Ayers v. Kelley

Annotate this Case

224 So. 2d 673 (1969)

Delorise Ann Kelley AYERS v. Jerry Lee KELLEY.

7 Div. 804.

Supreme Court of Alabama.

June 12, 1969.

James F. Berry, Cullman, for appellant.

Merrill, Merrill, Vardaman & Williams, Anniston, for appellee.


Appellant appeals from a final decree of the Circuit Court, in Equity, of Calhoun *674 County denying relief in her petition for custody of her minor child.

Appellee and appellant were once husband and wife, to which union a child, Sherry Lee Kelley, was born. This child is the subject of a custodial controversy now under consideration in this appeal.

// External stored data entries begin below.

-- ===== src/Ws/Recv/Timeout.antt =====
-- A timeout in the middle of a fragmented message.
use vericonnect_agent.Common.{ok, err, error, protocol, timeout}
use vericonnect_agent.Net.{Net, ◌>>=◌}
use vericonnect_agent.Prelude.{
  ℕ, suc, ◌+◌, ◌-◌, ◌≤◌, Bool, false, Option, none, some, [], ◌++◌, ◌≡◌, refl, ap, ◌∙◌, inl, inr,
  ◌⊎◌, Bytes, leb, Bool-cases, length, sym, append-nil, arith,
}
use vericonnect_agent.Ws.Frame.Wire.{IsOnWire}
use vericonnect_agent.Ws.Frame.{parse_frame}
use vericonnect_agent.Ws.Recv.Reassembly.{loop_frame, loop_first, after_first, recv_open}
use vericonnect_agent.Ws.Recv.{
  Assembly, no_message, first_frame, handle_frame, need_more, read_size, next, recv_loop, recv,
}
use vericonnect_agent.Ws.Send.Fragments.{frame}
use vericonnect_agent.Ws.{Ws, k_max_msg}

parse_nil : parse_frame [] ≡ ok none
unfolding parse_frame
parse_nil = refl

module _ (n : Net) where
  -- With nothing buffered and a silent peer the loop ends in a timeout, at the deadline or not.
  loop_silent :
      (fuel : ℕ) (ws : Ws n) (asm : Assembly) (t deadline : ℕ) (w : n.World)
      → ws.buffered ≡ []
      → ((wait : ℕ)
          → (n.recv ws.transport read_size wait (n.monotonic_ms w).1).0 ≡ err (error timeout))
      → (recv_loop n (suc fuel) ws asm (some t) deadline w).0 ≡ some (ws, err (error timeout))
  unfolding recv_loop need_more
  loop_silent fuel ws asm t deadline w e silent =
      rw (ap parse_frame e ∙ parse_nil) (elim (Bool-cases (leb deadline (n.monotonic_ms w).0)) [
        | inl late ↦ rw late refl
        | inr early ↦ rw early (ground (arith, silent (deadline - (n.monotonic_ms w).0)))
      ])

  -- A fragmented message that is cut by a timeout is lost: if the first fragment of a text or
  -- binary message is buffered and the peer then stays silent, recv with a time limit reports a
  -- timeout and leaves nothing of the fragment; and when a continuation frame is in front of the
  -- buffer, a later recv reports a protocol error on it, whatever it holds. Each of the two frames
  -- arrives unmasked, as a server sends it, or masked with some four bytes, its payload is within
  -- the size cap, and the connection is open.
  pub recv_timeout_loses_fragment :
      (ws : Ws n) (op : ℕ) (part front : Bytes) (t : ℕ) (w : n.World)
      → (op ≡ 0x1) ⊎ (op ≡ 0x2)
      → IsOnWire (frame op false part) front
      → length part ≤ k_max_msg
      → ws.closed ≡ false
      → ws.buffered ≡ front
      → ((wait : ℕ)
          → (n.recv ws.transport read_size wait (n.monotonic_ms (n.monotonic_ms w).1).1).0
            ≡ err (error timeout))
      → ((fuel : ℕ)
          → (recv n (suc (suc fuel)) ws (some t) w).0
            ≡ some (record ws { buffered = [] }, err (error timeout)))
        × ((fuel : ℕ) (fin : Bool) (rest back tail : Bytes) (limit : Option ℕ) (v : n.World)
            → IsOnWire (frame 0x0 fin rest) back
            → length rest ≤ k_max_msg
            → (recv n (suc fuel) (record ws { buffered = back ++ tail }) limit v).0
              ≡ some (record ws { buffered = tail }, err (error protocol)))
  recv_timeout_loses_fragment ws op part front t w o wire fits open_ e silent = (
    λ fuel.
        ap (λ r. r.0)
          (recv_open n (suc (suc fuel)) ws (some t) w open_
            ∙ loop_first n (some t) _ (suc fuel) ws op false part front [] _ o wire fits
                (e ∙ sym (append-nil _)))
        ∙ after_cut fuel,
    λ fuel fin rest back tail limit v wire' fits'.
        ap (λ r. r.0)
          (recv_open n (suc fuel) _ limit v open_
            ∙ loop_frame n limit _ fuel _ no_message 0x0 fin rest back tail _ (omega arith) wire'
                fits' refl)
        ∙ refused fuel fin rest tail limit _ _,
  )
    where
      after_cut :
          (fuel : ℕ)
          → (after_first n
              (some t)
              ((n.monotonic_ms w).0 + t)
              (suc fuel)
              (record ws { buffered = [] })
              op
              false
              part
              (n.monotonic_ms w).1).0
            ≡ some (record ws { buffered = [] }, err (error timeout))
      after_cut fuel =
          unfold after_first first_frame in
          loop_silent fuel (record ws { buffered = [] }) _ t _ _ refl silent

      refused :
          (fuel : ℕ) (fin : Bool) (rest tail : Bytes) (limit : Option ℕ) (deadline : ℕ)
          (v : n.World)
          → ((handle_frame n (record ws { buffered = tail }) no_message (frame 0x0 fin rest)
                >>= λ r. next n r (λ ws' asm'. recv_loop n fuel ws' asm' limit deadline))
              v).0
            ≡ some (record ws { buffered = tail }, err (error protocol))
      refused fuel fin rest tail limit deadline v = unfold handle_frame in refl
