-- ===== src/Ws/Tests.antt =====
-- Runs of the framing code over the scripted wire, and its theorems at concrete inputs.
use vericonnect_agent.Common.{ok, err, error, timeout, protocol}
use vericonnect_agent.Net.Scripted.{
  Wire, ScriptedWorld, scripted, scripted_delivers, push_incoming, wire_send, wire_recv,
}
use vericonnect_agent.Prelude.{
  ℕ, suc, ◌+◌, ◌<◌, ◌≤◌, Bool, true, false, Option, none, some, List, [], ◌∷◌, ◌++◌, ◌≡◌, ◌≢◌, refl,
  inl, inr, Bytes, codes, length, arith,
}
use vericonnect_agent.Ws.EndToEnd.{recv-send}
use vericonnect_agent.Ws.Frame.RoundTrip.{parse_frame-frame_bytes}
use vericonnect_agent.Ws.Frame.Stream.{parse_frame-append, extend}
use vericonnect_agent.Ws.Frame.Wire.{IsOnWire, AreOnWire}
use vericonnect_agent.Ws.Frame.{
  length_bytes, header_bytes, frame_bytes, read_length, read_payload, parse_frame,
}
use vericonnect_agent.Ws.Recv.Reassembly.{recv_message}
use vericonnect_agent.Ws.Recv.Timeout.{recv_timeout_loses_fragment}
use vericonnect_agent.Ws.Recv.{read_size, need_more, handle_frame, recv_loop, recv}
use vericonnect_agent.Ws.Send.Fragments.{last, more, frame, message_frames}
use vericonnect_agent.Ws.Send.Wire.{Wrote, send_written}
use vericonnect_agent.Ws.Send.{send_chunks, send_masked, send_frame, send}
use vericonnect_agent.Ws.{Ws, WsFrame, text, k_max_msg}

abbrev mask : Bytes
mask = 1 ∷ 2 ∷ 3 ∷ 4 ∷ []

abbrev hello : Bytes
hello = codes "hello"

abbrev idle : Wire
idle = record {
  incoming = [];
  outgoing = [];
  read_pos = 0;
  is_closed = false;
  eof = false;
  fail_send = false;
}

abbrev world : ScriptedWorld
world = record { wire = idle; clock = 100; seed = 7 }

abbrev open_socket : Ws scripted
open_socket = record { transport = tt; buffered = []; closed = false }

abbrev fragmented : List WsFrame
fragmented = frame 0x1 false (codes "hel") ∷ frame 0x0 true (codes "lo") ∷ []

abbrev fragmented_bytes : Bytes
fragmented_bytes =
    frame_bytes 0x1 false mask (codes "hel") ++ frame_bytes 0x0 true mask (codes "lo")

frame_hi : frame_bytes 0x1 true mask (codes "hi") ≡ 0x81 ∷ 0x82 ∷ 1 ∷ 2 ∷ 3 ∷ 4 ∷ 105 ∷ 107 ∷ []
unfolding frame_bytes length_bytes
frame_hi = refl

-- An unmasked frame, as a server sends it.
parse_unmasked :
    parse_frame (0x82 ∷ 0x02 ∷ 10 ∷ 20 ∷ 30 ∷ [])
    ≡ ok (some (record { opcode = 2; fin = true; payload = 10 ∷ 20 ∷ [] }, 30 ∷ []))
unfolding parse_frame read_length read_payload
parse_unmasked = refl

sent_on_wire :
    (send scripted open_socket text hello world).1.wire.outgoing
    ≡ frame_bytes 0x1 true (7 ∷ 7 ∷ 7 ∷ 7 ∷ []) hello
unfolding send send_frame send_masked send_chunks wire_send frame_bytes length_bytes
sent_on_wire = refl

-- A message in two pieces over the wire, with a ping between them, is put together.
received :
    (recv scripted 9 open_socket (some 1000) (record world {
      wire = push_incoming (0x01 ∷ 0x01 ∷ 65 ∷ 0x89 ∷ 0x00 ∷ 0x80 ∷ 0x01 ∷ 66 ∷ []) idle;
    })).0
    ≡ some (open_socket, ok (record { type = text; payload = codes "AB" }))
unfolding recv recv_loop need_more handle_frame parse_frame read_length read_payload wire_recv
    push_incoming send_frame send_masked send_chunks wire_send header_bytes length_bytes
received = refl

parse_frame-frame_bytes_example :
    parse_frame (frame_bytes 0x2 true mask hello ++ (9 ∷ []))
    ≡ ok (some (record { opcode = 0x2; fin = true; payload = hello }, 9 ∷ []))
parse_frame-frame_bytes_example =
    parse_frame-frame_bytes 0x2 true mask hello (9 ∷ []) (omega arith) refl (omega arith)

two_bytes : parse_frame (0x8A ∷ 0x00 ∷ []) ≢ ok none
unfolding parse_frame read_length read_payload
two_bytes e = cc

parse_frame-append_example :
    parse_frame ((0x8A ∷ 0x00 ∷ []) ++ (7 ∷ [])) ≡ extend (7 ∷ []) (parse_frame (0x8A ∷ 0x00 ∷ []))
parse_frame-append_example = parse_frame-append (0x8A ∷ 0x00 ∷ []) (7 ∷ []) two_bytes

cut_frame :
    (0x81 ∷ 0x82 ∷ 1 ∷ 2 ∷ 3 ∷ 4 ∷ 105 ∷ []) ++ (107 ∷ []) ≡ frame_bytes 0x1 true mask (codes "hi")
unfolding frame_bytes length_bytes
cut_frame = refl

send_succeeds : (send scripted open_socket text hello world).0 ≡ ok tt
unfolding send send_frame send_masked send_chunks wire_send
send_succeeds = refl

send_written_example :
    (bs : Bytes) × Wrote (message_frames 0x1 hello) bs
    × ((send scripted open_socket text hello world).1.wire.outgoing ≡ [] ++ bs)
send_written_example =
    send_written scripted scripted_delivers open_socket text hello world send_succeeds

-- A text message in two unmasked frames, as a server sends it.
server_frames : AreOnWire fragmented (0x01 ∷ 0x03 ∷ 104 ∷ 101 ∷ 108 ∷ 0x80 ∷ 0x02 ∷ 108 ∷ 111 ∷ [])
server_frames = (
  0x01 ∷ 0x03 ∷ 104 ∷ 101 ∷ 108 ∷ [],
  0x80 ∷ 0x02 ∷ 108 ∷ 111 ∷ [],
  inr refl,
  (0x80 ∷ 0x02 ∷ 108 ∷ 111 ∷ [], [], inr refl, refl, refl),
  refl,
)

recv_message_example :
    recv scripted 2
      (record open_socket {
        buffered = 0x01 ∷ 0x03 ∷ 104 ∷ 101 ∷ 108 ∷ 0x80 ∷ 0x02 ∷ 108 ∷ 111 ∷ 5 ∷ [];
      })
      none
      world
    ≡ (
      some (record open_socket { buffered = 5 ∷ [] }, ok (record { type = text; payload = hello })),
      record world { clock = 101 },
    )
recv_message_example =
    recv_message scripted 2 _ none _ (5 ∷ []) world (inl refl) (more last refl) server_frames
      (omega arith) (omega arith) refl refl

recv-send_example :
    (bs : Bytes) × ((send scripted open_socket text hello world).1.wire.outgoing ≡ [] ++ bs)
    × ((peer : Ws scripted) (fuel : ℕ) (limit : Option ℕ) (tail : Bytes) (v : ScriptedWorld)
        → length hello < fuel
        → peer.closed ≡ false
        → peer.buffered ≡ bs ++ tail
        → recv scripted fuel peer limit v ≡ (
          some (record peer { buffered = tail }, ok (record { type = text; payload = hello })),
          record v { clock = v.clock + 1 },
        ))
recv-send_example =
    recv-send scripted scripted_delivers scripted open_socket text hello world (λ e. cc)
      send_succeeds

wire_silent : (wait : ℕ) (x : ℕ) → (wire_recv read_size idle).0 ≡ err (error timeout)
unfolding wire_recv
wire_silent wait x = refl

abbrev cut_socket : Ws scripted
cut_socket = record open_socket { buffered = 0x01 ∷ 0x03 ∷ 104 ∷ 101 ∷ 108 ∷ [] }

recv_timeout_loses_fragment_example :
    ((fuel : ℕ)
      → (recv scripted (suc (suc fuel)) cut_socket (some 1000) world).0
        ≡ some (record cut_socket { buffered = [] }, err (error timeout)))
    × ((fuel : ℕ) (fin : Bool) (rest back tail : Bytes) (limit : Option ℕ) (v : ScriptedWorld)
        → IsOnWire (frame 0x0 fin rest) back
        → length rest ≤ k_max_msg
        → (recv scripted (suc fuel) (record cut_socket { buffered = back ++ tail }) limit v).0
          ≡ some (record cut_socket { buffered = tail }, err (error protocol)))
recv_timeout_loses_fragment_example =
    recv_timeout_loses_fragment scripted cut_socket 0x1 (codes "hel") _ 1000 world (inl refl)
      (inr refl) (omega arith) refl refl (λ wait. wire_silent wait 0)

Mrs. Ayers obtained an uncontested Georgia decree of divorce from appellee in 1960. The decree, without objection thereto, awarded custody of the minor child, Sherry Lee Kelley, to Sherry Lee's mother, subject to visitation rights to be exercised by the father.

The mother remarried and became the mother of two more children by her second husband. In 1966, due to financial reverses and poor health, she voluntarily surrendered custody of the child to appellee, who likewise had remarried, but without living children. The father brought the child to his home in Alabama.

Subject to this rearranged custody, appellee, on July 12, 1966, filed his petition in the Circuit Court, in Equity, of Calhoun County for custody of the child. He averred a change of circumstances since the custodial award to the mother in 1960. The averments were that the former wife, appellant, had remarried and had become the mother of two other children whose father was the second husband.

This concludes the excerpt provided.